[[ THE DATA, beginning ]]

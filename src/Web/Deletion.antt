-- ===== src/Web/Deletion.antt =====
-- internal/web/server.go: `handleDeleteSession`. The directory tree is the list of the paths in it; what a
-- failing removal leaves is an argument.
pub mod Guarded
use logfalcon.Prelude.{
  ℕ, zero, suc, Bool, true, false, not, ◌&&◌, Option, none, some, List, [], ◌∷◌, ◌++◌, ◌==◌, leb,
  if◌then◌else◌, bytes_eq, length,
}
use logfalcon.Web.Text.{trim_prefix}
use logfalcon.Web.Sessions.{CleanPath, Places, resolve_session_path}

unfoldable pub path_eq : CleanPath → CleanPath → Bool
path_eq [] [] = true
path_eq (c ∷ p) (d ∷ q) = bytes_eq c d && path_eq p q
path_eq _ _ = false

-- Whether the second path is the first or lies below it.
unfoldable pub is_below : CleanPath → CleanPath → Bool
is_below [] q = true
is_below (c ∷ p) [] = false
is_below (c ∷ p) (d ∷ q) = bytes_eq c d && is_below p q

unfoldable pub any_path : (CleanPath → Bool) → List CleanPath → Bool
any_path p [] = false
any_path p (q ∷ qs) = if p q then true else any_path p qs

unfoldable pub keep_paths : (CleanPath → Bool) → List CleanPath → List CleanPath
keep_paths p [] = []
keep_paths p (q ∷ qs) = (if p q then q ∷ [] else []) ++ keep_paths p qs

-- `filepath.Dir`
unfoldable pub parent_of : CleanPath → CleanPath
parent_of [] = []
parent_of (c ∷ []) = []
parent_of (c ∷ d ∷ p) = c ∷ parent_of (d ∷ p)

-- `RemoveAll`: all goes, or it fails and leaves some of what it was to remove.
pub data Removal : Type 0 where
  all_goes : Removal
  stays : (CleanPath → Bool) → Removal

-- The paths on the disk, what the next removal meets, whether the parent can be removed, and whether the
-- cache of sessions is still to be used.
pub record Site : Type 0 where
  pub tree : List CleanPath
  pub removal : Removal
  pub rmdir_good : Bool
  pub cache_kept : Bool

-- The paths that a removal of `p` leaves.
unfoldable pub survives : Removal → CleanPath → CleanPath → Bool
unfolding is_below
survives all_goes p q = not (is_below p q)
survives (stays left) p q = if is_below p q then left q else true

-- `if len(remaining) == 0 { _ = os.Remove(parent) }`
abbrev pub is_child : CleanPath → CleanPath → Bool
is_child parent q = is_below parent q && not (path_eq parent q)

unfoldable pub remove_empty_parent : CleanPath → Site → Site
unfolding any_path keep_paths is_below path_eq
remove_empty_parent parent s =
    if any_path (is_child parent) s.tree
    then s
    else if s.rmdir_good
    then record s { tree = keep_paths (λ q. not (path_eq parent q)) s.tree }
    else s

-- After `RemoveAll`.
unfoldable pub after_removal : Removal → CleanPath → Site → ℕ × Site
unfolding parent_of remove_empty_parent
after_removal (stays left) p s = (500, s)
after_removal all_goes p s =
    (200, record (remove_empty_parent (parent_of p) s) { cache_kept = false })

-- From the `Stat` on.
unfoldable pub delete_path : Option CleanPath → Site → ℕ × Site
unfolding any_path is_below keep_paths survives after_removal
delete_path none s = (400, s)
delete_path (some p) s =
    if any_path (is_below p) s.tree
    then after_removal s.removal p (record s { tree = keep_paths (survives s.removal p) s.tree })
    else (404, s)

abbrev pub sessions_prefix : List ℕ
sessions_prefix = b'/' ∷ b's' ∷ b'e' ∷ b's' ∷ b's' ∷ b'i' ∷ b'o' ∷ b'n' ∷ b's' ∷ b'/' ∷ []

-- `handleDeleteSession`; the answer is the status.
unfoldable pub handle_delete_session :
    Places → (csrf_token header url_path : List ℕ) → Site → ℕ × Site
unfolding trim_prefix resolve_session_path delete_path
handle_delete_session places csrf_token header url_path s =
    if bytes_eq header csrf_token
    then delete_path (resolve_session_path places (trim_prefix url_path sessions_prefix)) s
    else (403, s)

[[ THE DATA, end ]]

Please print the full listing shown above, exactly as it appears.

filename src/Web/Deletion.antt
-- ===== src/Web/Deletion.antt =====
-- internal/web/server.go: `handleDeleteSession`. The directory tree is the list of the paths in it; what a
-- failing removal leaves is an argument.
pub mod Guarded
use logfalcon.Prelude.{
  ℕ, zero, suc, Bool, true, false, not, ◌&&◌, Option, none, some, List, [], ◌∷◌, ◌++◌, ◌==◌, leb,
  if◌then◌else◌, bytes_eq, length,
}
use logfalcon.Web.Text.{trim_prefix}
use logfalcon.Web.Sessions.{CleanPath, Places, resolve_session_path}

unfoldable pub path_eq : CleanPath → CleanPath → Bool
path_eq [] [] = true
path_eq (c ∷ p) (d ∷ q) = bytes_eq c d && path_eq p q
path_eq _ _ = false

-- Whether the second path is the first or lies below it.
unfoldable pub is_below : CleanPath → CleanPath → Bool
is_below [] q = true
is_below (c ∷ p) [] = false
is_below (c ∷ p) (d ∷ q) = bytes_eq c d && is_below p q

unfoldable pub any_path : (CleanPath → Bool) → List CleanPath → Bool
any_path p [] = false
any_path p (q ∷ qs) = if p q then true else any_path p qs

unfoldable pub keep_paths : (CleanPath → Bool) → List CleanPath → List CleanPath
keep_paths p [] = []
keep_paths p (q ∷ qs) = (if p q then q ∷ [] else []) ++ keep_paths p qs

-- `filepath.Dir`
unfoldable pub parent_of : CleanPath → CleanPath
parent_of [] = []
parent_of (c ∷ []) = []
parent_of (c ∷ d ∷ p) = c ∷ parent_of (d ∷ p)

-- `RemoveAll`: all goes, or it fails and leaves some of what it was to remove.
pub data Removal : Type 0 where
  all_goes : Removal
  stays : (CleanPath → Bool) → Removal

-- The paths on the disk, what the next removal meets, whether the parent can be removed, and whether the
-- cache of sessions is still to be used.
pub record Site : Type 0 where
  pub tree : List CleanPath
  pub removal : Removal
  pub rmdir_good : Bool
  pub cache_kept : Bool

-- The paths that a removal of `p` leaves.
unfoldable pub survives : Removal → CleanPath → CleanPath → Bool
unfolding is_below
survives all_goes p q = not (is_below p q)
survives (stays left) p q = if is_below p q then left q else true

-- `if len(remaining) == 0 { _ = os.Remove(parent) }`
abbrev pub is_child : CleanPath → CleanPath → Bool
is_child parent q = is_below parent q && not (path_eq parent q)

unfoldable pub remove_empty_parent : CleanPath → Site → Site
unfolding any_path keep_paths is_below path_eq
remove_empty_parent parent s =
    if any_path (is_child parent) s.tree
    then s
    else if s.rmdir_good
    then record s { tree = keep_paths (λ q. not (path_eq parent q)) s.tree }
    else s

-- After `RemoveAll`.
unfoldable pub after_removal : Removal → CleanPath → Site → ℕ × Site
unfolding parent_of remove_empty_parent
after_removal (stays left) p s = (500, s)
after_removal all_goes p s =
    (200, record (remove_empty_parent (parent_of p) s) { cache_kept = false })

-- From the `Stat` on.
unfoldable pub delete_path : Option CleanPath → Site → ℕ × Site
unfolding any_path is_below keep_paths survives after_removal
delete_path none s = (400, s)
delete_path (some p) s =
    if any_path (is_below p) s.tree
    then after_removal s.removal p (record s { tree = keep_paths (survives s.removal p) s.tree })
    else (404, s)

abbrev pub sessions_prefix : List ℕ
sessions_prefix = b'/' ∷ b's' ∷ b'e' ∷ b's' ∷ b's' ∷ b'i' ∷ b'o' ∷ b'n' ∷ b's' ∷ b'/' ∷ []

-- `handleDeleteSession`; the answer is the status.
unfoldable pub handle_delete_session :
    Places → (csrf_token header url_path : List ℕ) → Site → ℕ × Site
unfolding trim_prefix resolve_session_path delete_path
handle_delete_session places csrf_token header url_path s =
    if bytes_eq header csrf_token
    then delete_path (resolve_session_path places (trim_prefix url_path sessions_prefix)) s
    else (403, s)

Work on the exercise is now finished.